Are gender-specific differences biologically or socially determined

Disease and society

Women and men get sick differently. Women in particular suffer from rheumatism, depression, thyroid disease and osteoporosis. It is mostly men who die of heart attacks 60 years ago, and sudden cardiac death in athletes almost always affects men. What is less well known is that stress-induced heart disease can be just as deadly as a heart attack and that 90 percent of the time it affects women. Gender medicine researchers deal with these differences: [1] We want to find out which biological and psychosocial mechanisms protect or harm women and men. We investigate why women and men react differently to medication and environmental factors and get sick, what the differences are and what that means for their diseases and treatment. Only then can the best possible diagnosis and therapy be found for both sexes and contribute to both getting older in a healthy way. Which aspects gender physicians investigate is presented in this article using the example of coronary heart disease (KHE) and in particular the project "Gender-Specific Mechanisms in Coronary Artery Disease in Europe" (GenCAD) [2].

Gender differences in heart disease

Not all heart attacks are created equal - there are significant differences between the sexes. I remember a young woman, almost 40 years old, who suddenly wasn't feeling well at work on Friday afternoon; she had nausea, weakness, and stomach and chest pain. Instead of calling for help, she retired to the bathroom. She tried to keep working, it didn't work, she got into trouble with her boss and colleagues and finally went home. The following week she went to see a family doctor. He suspected an upset stomach and prescribed medication. She tried to go back to work the following week, but it didn't get better. She went to a hospital emergency room but was sent home from there as healthy. Despite severe tiredness, nausea and weakness, she tried to go back to work in the weeks that followed. When after a few weeks she was acutely feeling very bad again, she sought help in the nearest pharmacy. Her blood pressure was extremely high and she was sent to another hospital. After a few days, a past heart attack was diagnosed.

What is different here than with a man? For one, the complaints were a little different from what they are in the male-based textbooks. For the woman, weakness and nausea were in the foreground, only after that came stomach and chest pain.
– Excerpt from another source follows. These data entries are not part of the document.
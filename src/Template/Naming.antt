-- ===== src/Template/Naming.antt =====
-- src/container-template.ts: the deterministic image id of a template.
pub mod Laws
use dsh_podman.Prelude.{
  ℕ, ◌+◌, ◌-◌, ◌/◌, ◌%◌, Bool, true, false, List, [], ◌∷◌, ◌++◌, ok, if◌then◌else◌, not, ◌||◌, ◌&&◌,
  ◌==◌, ltb, take,
}
use dsh_podman.Text.{Text, text, ◌===◌, is_empty, to_lower_case}
use dsh_podman.Template.{Checked, fail, no_image_id}
use dsh_podman.Template.Names.{is_alphanumeric, is_name_unit, matches_image_id}

-- `name.replace(/\.(ya?ml)$/i, "")`
strip_extension : Text → Text
strip_extension [] = []
strip_extension (x ∷ s) =
    let rest = strip_extension s in
    if to_lower_case (x ∷ s) === text ".yml" || to_lower_case (x ∷ s) === text ".yaml"
    then []
    else x ∷ rest

-- `.replace(/[^A-Za-z0-9_.-]+/g, "-")`; the flag tells that the last unit was replaced too.
dash_runs : Bool → Text → Text
dash_runs in_run [] = []
dash_runs in_run (x ∷ s) =
    let kept = x ∷ dash_runs false s in
    let rest = dash_runs true s in
    if is_name_unit x then kept else if in_run then rest else b'-' ∷ rest

abbrev pub is_id_head : ℕ → Bool
is_id_head c = is_alphanumeric c || c == b'_'

-- `.replace(/^[^A-Za-z0-9_]+/, "")`
strip_start : Text → Text
strip_start [] = []
strip_start (x ∷ s) = let rest = strip_start s in if is_id_head x then x ∷ s else rest

-- `.replace(/[.-]+$/g, "")`
strip_dashes : Text → Text
strip_dashes [] = []
strip_dashes (x ∷ s) =
    let rest = strip_dashes s in if is_empty rest && (x == b'.' || x == b'-') then [] else x ∷ rest

unfoldable pub sanitized_template_name : Text → Text
unfolding strip_extension dash_runs strip_start strip_dashes to_lower_case
sanitized_template_name name =
    let sanitized = strip_dashes (strip_start (dash_runs false (strip_extension name))) in
    take 40 (if is_empty sanitized then text "template" else sanitized)

unfoldable pub template_image_id_from_digest : Text → Text → Checked Text
template_image_id_from_digest name digest =
    let id =
      text "template-" ++ sanitized_template_name name ++ b'-' ∷ to_lower_case (take 8 digest) in
    if not (matches_image_id id) then fail (no_image_id name) [] else ok id

hex_digit : ℕ → ℕ
hex_digit n = if ltb n 10 then b'0' + n else b'a' + n - 10

-- `byte.toString(16).padStart(2, "0")` for each byte, joined
unfoldable pub hex : List ℕ → Text
unfolding hex_digit
hex [] = []
hex (byte ∷ bytes) = hex_digit (byte / 16) ∷ hex_digit (byte % 16) ∷ hex bytes

-- `sha256` is the Web Crypto digest of the UTF-8 bytes of a text.
unfoldable pub template_image_id : (sha256 : Text → List ℕ) → Text → Text → Checked Text
template_image_id sha256 name absolute_path =
    template_image_id_from_digest name (hex (sha256 absolute_path))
On the other hand, those around them reacted differently, as did they themselves: a man aged 60 would immediately have been suspected of having a heart attack. She didn't even think about it herself, neither did the family doctor or the emergency physicians in the first hospital.
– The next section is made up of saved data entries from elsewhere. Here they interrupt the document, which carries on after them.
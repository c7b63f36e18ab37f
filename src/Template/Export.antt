-- ===== src/Template/Export.antt =====
-- src/container-template.ts: `exportContainerTemplate`, a container as a template.
pub mod Mounts
pub mod Laws
pub mod Order
use dsh_podman.Prelude.{
  ℕ, ◌+◌, Bool, true, false, List, [], ◌∷◌, ◌++◌, Option, none, some, ok, throw, if◌then◌else◌, not,
  ◌&&◌, ◌>>=◌, leb, map,
}
use dsh_podman.Prelude.Sort.{sort}
use dsh_podman.Prelude.Ranks.{rank_le}
use dsh_podman.Text.{Text, text, ◌===◌, is_empty, text_le}
use dsh_podman.Value.{str}
use dsh_podman.Dict.{Dict, Entries, empty, keys, lookup, put_all}
use dsh_podman.Mount.Enums.{mount_kind_rank, normalize_mount_kind, normalize_mount_mode}
use dsh_podman.Mount.Order.{is_primary_project_mount}
use dsh_podman.PublishPort.{port_protocol_from_proto, default_port_protocol}
use dsh_podman.Template.{
  Checked, fail, template_error, BaseImage, TemplateMount, project, volume, secret, tmpfs,
  MountMode, read_only, read_write, TemplatePort, TemplateImage, ContainerTemplateSpec,
  ContainerTemplate, EffectiveImage, base_only, with_packages, no_destination, no_volume, no_secret,
  invalid_project, unsupported_mount_kind, container_protocol,
}
use dsh_podman.Template.Paths.{clean_absolute_text, normalize_project_text}
use dsh_podman.Template.Items.{require}
use dsh_podman.Template.Validate.{without_git_identity}
use dsh_podman.Template.Image.{ImageRow, template_export_image}
use dsh_podman.Template.Naming.{sanitized_template_name}

-- A mount of a container, as the container list gives it.
pub record ContainerMount : Type 0 where
  pub kind : Text
  pub project_name : Option Text
  pub destination : Option Text
  pub mode : Option Text
  pub volume : Option Text
  pub secret : Option Text

pub record PublishedPort : Type 0 where
  pub port : ℕ
  pub host_port : Option ℕ
  pub protocol : Option Text

pub record Container : Type 0 where
  pub container_name : Text
  pub image_id : Text
  pub env : Option Dict
  pub secret_env : Option Dict
  pub mounts : Option (List ContainerMount)
  pub paths : Option (List Text)
  pub published_ports : Option (List PublishedPort)

abbrev or_nil {ℓ} : {A : Type ℓ} → Option (List A) → List A
or_nil none = []
or_nil (some xs) = xs

abbrev or_empty : Option Dict → Dict
or_empty none = empty
or_empty (some d) = d

-- The clean path of a destination that is there.
cleaned : Option Text → Option Text
cleaned none = none
cleaned (some value) = clean_absolute_text value

export_mount_destination : Text → Option Text → Checked Text
unfolding cleaned
export_mount_destination container_name value =
    require (cleaned value) (template_error (no_destination container_name) [])

normalized_project : Option Text → Option Text
normalized_project none = none
normalized_project (some value) = normalize_project_text value

-- A name that is there and is not empty.
named : Option Text → Option Text
named none = none
named (some name) = if is_empty name then none else some name

module _ (number : Text → Option ℕ) where
  unfoldable pub export_mount_mode : Option Text → MountMode
  export_mount_mode none = read_only
  export_mount_mode (some mode) =
      if is_empty mode
      then read_only
      else if normalize_mount_mode number (str mode) === text "read_write"
      then read_write
      else read_only

  export_project : Text → ContainerMount → Checked TemplateMount
  unfolding normalized_project
  export_project name mount = do
    path ←
        require (normalized_project mount.project_name) (template_error (invalid_project name) [])
    ok (project path (export_mount_mode mount.mode))

  export_volume : Text → ContainerMount → Checked TemplateMount
  unfolding named
  export_volume name mount = do
    destination ← export_mount_destination name mount.destination
    source ← require (named mount.volume) (template_error (no_volume name) [])
    ok (volume source destination (export_mount_mode mount.mode))

  export_secret : Text → ContainerMount → Checked TemplateMount
  unfolding named
  export_secret name mount = do
    destination ← export_mount_destination name mount.destination
    source ← require (named mount.secret) (template_error (no_secret name) [])
    ok (secret source destination)

  export_tmpfs : Text → ContainerMount → Checked TemplateMount
  export_tmpfs name mount = do
    destination ← export_mount_destination name mount.destination
    ok (tmpfs destination)

  export_by_kind : Text → ContainerMount → Text → Checked TemplateMount
  unfolding export_project export_volume export_secret export_tmpfs export_mount_destination
  export_by_kind name mount kind =
      if kind === text "project"
      then export_project name mount
      else if kind === text "volume"
      then export_volume name mount
      else if kind === text "secret"
      then export_secret name mount
      else if kind === text "tmpfs"
      then export_tmpfs name mount
      else fail (unsupported_mount_kind name kind) []

  export_mount : Text → ContainerMount → Checked TemplateMount
  unfolding export_by_kind
  export_mount name mount = export_by_kind name mount (normalize_mount_kind number (str mount.kind))

  pub export_mounts : Text → List ContainerMount → Checked (List TemplateMount)
  export_mounts name [] = ok []
  export_mounts name (mount ∷ mounts) = do
    exported ← export_mount name mount
    others ← export_mounts name mounts
    ok (exported ∷ others)

-- `portProtocolFromProto(protocol) ?? protocol ?? "tcp"`
first_given : Option Text → Option Text → Text
first_given (some protocol) given = protocol
first_given none (some given) = given
first_given none none = default_port_protocol

-- `Number(hostPort ?? 0)`, kept where it is a host port.
host_in_range : Option ℕ → Option ℕ
host_in_range none = none
host_in_range (some host) = if leb 1024 host && leb host 65535 then some host else none

export_port : Text → PublishedPort → Checked TemplatePort
unfolding first_given host_in_range
export_port name port =
    if not (first_given (port_protocol_from_proto port.protocol) port.protocol === text "tcp")
    then fail (container_protocol name port.protocol) []
    else ok (record { container = port.port; host = host_in_range port.host_port })

export_ports : Text → List PublishedPort → Checked (List TemplatePort)
unfolding export_port
export_ports name [] = ok []
export_ports name (port ∷ ports) = do
  exported ← export_port name port
  others ← export_ports name ports
  ok (exported ∷ others)

-- `value[key]` for a key of the map
value_of : Entries → Text → Text
value_of es key = elim (lookup key es) [ none ↦ [] | some v ↦ v ]

unfoldable pub ordered_string_map : Dict → Dict
unfolding value_of put_all
ordered_string_map value = record {
  inherits = false;
  entries =
      put_all []
        (map (λ key. (key, value_of value.entries key)) (sort text_le (keys value.entries)));
}

abbrev pub kind_of : TemplateMount → Text
kind_of (project path mode) = text "project"
kind_of (volume name destination mode) = text "volume"
kind_of (secret name destination) = text "secret"
kind_of (tmpfs destination) = text "tmpfs"

abbrev pub project_of : TemplateMount → Option Text
project_of (project path mode) = some path
project_of mount = none

unfoldable pub template_mount_rank : Text → TemplateMount → ℕ
template_mount_rank main_project mount =
    if is_primary_project_mount (kind_of mount) (project_of mount) main_project
    then 0
    else 1 + mount_kind_rank (kind_of mount)

unfoldable pub ordered_template_mounts : List TemplateMount → Text → List TemplateMount
unfolding template_mount_rank
ordered_template_mounts mounts main_project =
    sort (rank_le (template_mount_rank main_project)) mounts

pub record ExportedTemplate : Type 0 where
  pub filename : Text
  pub template : ContainerTemplate

abbrev image_fields : EffectiveImage → Option BaseImage × Option TemplateImage
image_fields (base_only base) = (some base, none)
image_fields (with_packages base packages) =
    (none, some (record { base = base; packages = packages }))

module _ (number : Text → Option ℕ) where
  exported_with : Container → Text → Checked EffectiveImage → Checked ExportedTemplate
  exported_with container main_project found = do
    effective ← found
    mounts ← export_mounts number container.container_name (or_nil container.mounts)
    ports ← export_ports container.container_name (or_nil container.published_ports)
    ok (record {
      filename = sanitized_template_name container.container_name ++ text ".yml";
      template = record {
        spec = record {
          image = (image_fields effective).0;
          image_template = (image_fields effective).1;
          env = ordered_string_map (without_git_identity (or_empty container.env));
          secret_env = ordered_string_map (without_git_identity (or_empty container.secret_env));
          mounts = ordered_template_mounts mounts main_project;
          paths = or_nil container.paths;
          ports = ports;
        };
      };
    })

  -- `none` where the walk up the parents would run out of fuel. The YAML text is not part of it.
  unfoldable pub export_container_template :
      Container → List ImageRow → Text → Option (Checked ExportedTemplate)
  unfolding exported_with export_mounts export_mount export_ports ordered_template_mounts
      ordered_string_map
  export_container_template container images main_project =
      elim (template_export_image container.image_id images) [
        | none ↦ none
        | some found ↦ some (exported_with container main_project found)
      ]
As part of the GenCAD project funded by the European Commission, we recently had the opportunity to systematically examine the knowledge about gender differences in heart disease. Heart disease, and especially KHE, should serve as an example of numerous diseases in which there are gender differences.
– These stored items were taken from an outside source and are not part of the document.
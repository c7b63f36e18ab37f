-- ===== src/Template/Fields/Laws.antt =====
-- What a field that is accepted satisfies (src/container-template.ts).
use dsh_podman.Prelude.{
  ℕ, ◌+◌, ◌≡◌, ◌≢◌, refl, sym, inl, inr, Bool, true, false, List, [], ◌∷◌, arith, All, Bool-cases,
  ok, subst, >>=-eq-ok, throw_if-eq-ok, throw_if, ok-injective, not, ◌&&◌,
}
use dsh_podman.Text.{Text, text, ◌===◌, is_empty, has_unit, starts_with}
use dsh_podman.Text.Laws.{===_iff, Without, has_unit-Without}
use dsh_podman.Value.{Value, undef, arr, obj, items, own_entries}
use dsh_podman.Dict.{Dict, Entries, put, assign, bare}
use dsh_podman.Template.{Checked}
use dsh_podman.Template.Names.{matches_secret}
use dsh_podman.Template.Fields.{
  dotted, indexed, string_value, non_empty_string, env_key, env_value, secret_name, string_map_from,
  string_map, parse_from, parse_list,
}

-- A name that a variable may have.
pub record IsEnvKey (key : Text) : Type 0 where
  pub not_empty : key ≢ []
  pub no_equals : Without b'=' key
  pub no_nul : Without 0 key
  pub not_reserved : starts_with key (text "DSH_PODMAN") ≡ false

is_empty-false : (s : Text) → is_empty s ≡ false → s ≢ []
is_empty-false [] h e = cc
is_empty-false (x ∷ s) h e = cc

pub env_key-IsEnvKey : (value path : Text) {key : Text} → env_key value path ≡ ok key → IsEnvKey key
unfolding env_key
env_key-IsEnvKey value path {key} e =
    let (u, a, e₁) = >>=-eq-ok (throw_if (is_empty value) _) _ e in
    let (v, b, e₂) = >>=-eq-ok (throw_if (has_unit b'=' value) _) _ e₁ in
    let (w, c, e₃) = >>=-eq-ok (throw_if (has_unit 0 value) _) _ e₂ in
    let (x, d, e₄) = >>=-eq-ok (throw_if (starts_with value (text "DSH_PODMAN")) _) _ e₃ in
    let same : value ≡ key = ground arith in
    subst IsEnvKey same (record {
      not_empty = is_empty-false value (throw_if-eq-ok _ _ a);
      no_equals = has_unit-Without b'=' value (throw_if-eq-ok _ _ b);
      no_nul = has_unit-Without 0 value (throw_if-eq-ok _ _ c);
      not_reserved = throw_if-eq-ok _ _ d;
    })

pub env_value-Without :
    (value : Value) (path : Text) {s : Text} → env_value value path ≡ ok s → Without 0 s
unfolding env_value
env_value-Without value path {s} e =
    let (t, read, e₁) = >>=-eq-ok (string_value value path) _ e in
    let (u, a, e₂) = >>=-eq-ok (throw_if (has_unit 0 t) _) _ e₁ in
    let same : t ≡ s = ground arith in
    subst (Without 0) same (has_unit-Without 0 t (throw_if-eq-ok _ _ a))

pub not-false : (b : Bool) → not b ≡ false → b ≡ true
not-false true h = refl
not-false false h = cc

pub secret_name-matches :
    (value : Value) (path : Text) {s : Text}
    → secret_name value path ≡ ok s
    → matches_secret s ≡ true
unfolding secret_name
secret_name-matches value path {s} e =
    let (t, read, e₁) = >>=-eq-ok (non_empty_string value path) _ e in
    let (u, a, e₂) = >>=-eq-ok (throw_if (not (matches_secret t)) _) _ e₁ in
    let same : t ≡ s = ground arith in
    subst (λ z. matches_secret z ≡ true) same (not-false _ (throw_if-eq-ok _ _ a))

-- Setting a key keeps what holds of every entry.
pub put-All :
    (P : Text × Text → Type 0) (k v : Text) (es : Entries)
    → P (k, v)
    → All P es
    → All P (put k v es)
unfolding put
put-All P k v [] p h = (p, tt)
put-All P k v ((j, w) ∷ es) p (q, h) = elim (Bool-cases (j === k)) [
  | inl e ↦ rw e (subst (λ z. P (z, v)) (sym ((===_iff j k).0 e)) p, h)
  | inr e ↦ rw e (q, put-All P k v es p h)
]

pub assign-All :
    (P : Text × Text → Type 0) (k v : Text) (d : Dict)
    → P (k, v)
    → All P d.entries
    → All P (assign k v d).entries
unfolding assign
assign-All P k v d p h = elim (Bool-cases (d.inherits && k === text "__proto__")) [
  | inl e ↦ rw e h
  | inr e ↦ rw e (put-All P k v d.entries p h)
]

module _ (P : Text × Text → Type 0) (key_check : Text → Text → Checked Text)
    (value_check : Value → Text → Checked Text)
    (checked : (key : Text) (v : Value) (path k s : Text)
      → key_check key path ≡ ok k
      → value_check v path ≡ ok s
      → P (k, s)) where
  string_map_from-All :
      (result : Dict) (entries : List (Text × Value)) (path : Text) {out : Dict}
      → All P result.entries
      → string_map_from key_check value_check result entries path ≡ ok out
      → All P out.entries
  unfolding string_map_from
  string_map_from-All result [] path h e = subst (λ d. All P d.entries) (ok-injective e) h
  string_map_from-All result ((key, item) ∷ rest) path h e =
      let (k, a, e₁) = >>=-eq-ok (key_check key (dotted path key)) _ e in
      let (s, b, e₂) = >>=-eq-ok (value_check item (dotted path key)) _ e₁ in
      string_map_from-All (assign k s result) rest path
        (assign-All P k s result (checked key item (dotted path key) k s a b) h) e₂

  -- What the checks ensure of one entry holds of every entry of an accepted map.
  pub string_map-All :
      (value : Value) (path : Text) {out : Dict}
      → string_map key_check value_check value path ≡ ok out
      → All P out.entries
  unfolding string_map
  string_map-All undef path e = subst (λ d. All P d.entries) (ok-injective e) tt
  string_map-All (obj fields) path e = string_map_from-All bare (own_entries fields) path tt e
  string_map-All v path e = cc

module _ {T : Type 0} (P : T → Type 0) (parse_item : Value → Text → Checked T)
    (parsed : (v : Value) (path : Text) (t : T) → parse_item v path ≡ ok t → P t) where
  parse_from-All :
      (index : ℕ) (vs : List Value) (path : Text) {out : List T}
      → parse_from parse_item index vs path ≡ ok out
      → All P out
  unfolding parse_from
  parse_from-All index [] path e = subst (All P) (ok-injective e) tt
  parse_from-All index (v ∷ vs) path e =
      let (t, a, e₁) = >>=-eq-ok (parse_item v (indexed path index)) _ e in
      let (ts, b, e₂) = >>=-eq-ok (parse_from parse_item (index + 1) vs path) _ e₁ in
      subst (All P) (ok-injective e₂)
        (parsed v (indexed path index) t a, parse_from-All (index + 1) vs path b)

  -- What the parser ensures of one item holds of every item of an accepted list.
  pub parse_list-All :
      (value : Value) (path : Text) {out : List T}
      → parse_list parse_item value path ≡ ok out
      → All P out
  unfolding parse_list
  parse_list-All undef path e = subst (All P) (ok-injective e) tt
  parse_list-All (arr vs) path e = parse_from-All 0 (items vs) path e
  parse_list-All v path e = cc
For this purpose, with the support of the Federal Ministry of Education and Research, we have created a database that will continue to be operated by the Institute for Gender in Medicine at the Charité Berlin. [3] Thanks to automatic updates, it now contains almost 300,000 literature references on gender differences in important diseases, making it the first complete collection to exist. It greatly speeds up the search for literature on gender differences, as all references it contains have already been validated in relation to the research goal of gender differences.

Knowledge
A total of more than 1,000 articles on KHE were evaluated, dealing with the areas of epidemiology, risk factors, prevention, disease mechanisms, clinical symptoms, diagnosis, management and course with gender differences. [4] We found enormous gender differences in disease manifestation - ten years earlier in men than in women - and in risk factors. It has been shown that diabetes is a more serious risk factor in women than in men. New risk factors also emerged, such as rheumatic and autoimmune diseases. Erectile dysfunction is an underestimated and little known risk factor in men, while pregnancy complications are in women. Heart diseases start in the uterus, caused, among other things, by malnutrition during pregnancy, stress, misconduct and harmful environmental influences and affect male and female fetuses differently. Peripheral vascular diseases are underestimated in women and men and play a major role in the impairment of quality of life, especially in women. Secondary prevention goals are achieved less often in women than in men. Socio-economic factors play an increasingly important role.